Because avata is type 1. and hävitä is type 6. verbs?
"By the pricking of my thumbs,
Something wicked this way comes."
Something wicked this way comes."
Re: why 'avata' and ' hävitä' have no consonant gradation?
Hmm? Kimberli lists them both as type 4:Pursuivant wrote:Because avata is type 1. and hävitä is type 6. verbs?
http://people.uta.fi/~km56049/finnish/type4.html
She also mentions avata doesn’t change:
http://people.uta.fi/~km56049/finnish/porv.html
http://people.uta.fi/~km56049/finnish/consgrad.html
znark
Re: why 'avata' and ' hävitä' have no consonant gradation?
It is misleading to speak of avata and hävitä (in other words the first infinitive) as the basic forms of the verb to which various changes (like consonant gradation) are applied. Quite conventional and academically "correct," of course, but also quite confusing. You might believe that we also do that in English, but actually we do not.
They do not have gradation because the actual verb from which they are made does not have gradation. That will be obvious if you think of the actual verb instead of the artificial infinitive.

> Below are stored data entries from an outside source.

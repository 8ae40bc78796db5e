-- ===== src/Cluster/Membership/Tests.antt =====
-- A leader with one voter, and each theorem on it.
use tokmesh_go.Base.{true, false, [], ◌∷◌, arith}
use tokmesh_go.Domain.Str.{Str}
use tokmesh_go.GoMap
use tokmesh_go.Cluster.Fsm
use tokmesh_go.Cluster.Membership.{Node, Answers, IsAligned}

abbrev node_a : Str
node_a = 97 ∷ []

abbrev node_b : Str
node_b = 98 ∷ []

abbrev leader : Node
leader = record {
  is_leader = true;
  voters = (node_a, 1 ∷ []) ∷ [];
  members = (node_a, Fsm.joined (record { node_id = node_a; addr = 1 ∷ [] })) ∷ [];
}

leader-IsAligned : IsAligned leader
unfolding GoMap.get
leader-IsAligned id = ground arith

-- Raft takes the voter, and the machine does not answer
abbrev half : Answers
half = record { membership = true; apply = false; rollback = true }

The first infinitive in Finnish is a form from which important information has often been lost already. To compensate for that loss, you have to memorize categories.
In reality the basic form of the verb is the simple imperative (1st person singular imperative). If this is the form you think of and (if you must) you memorize, the rest is usually obvious.
Thus you have avaa, häviä, hakkaa, etc. First off, these are the equivalent of open!, disappear!, and hit! in English (and Finnish). They are surely the first form of each respective verb that ever existed. But more than that, In English they are also first person singular present indicative form and and the infinitive form (after you add "to), and much more. In Finnish, you can always add -n or -t or -mme or -tte to get present indicative forms.
Avaa! Avaa/n jo. (Open! I'm opening already.)
Häviä! Häviä/n jo.
Hakkaa! Hakkaa/n jo.
That's one of the few useful things that hold true in Finnish across all verbs.
From this and further manipulations it becomes apparent that the simple imperative is the basic form of the verb to which various transformations are applied. One of those transformations is to create the first infinitive. In a sense, to make other forms you first go backward from the first infinitive to the simple imperative (aka the "inflectional stem) and then you see what else may need doing.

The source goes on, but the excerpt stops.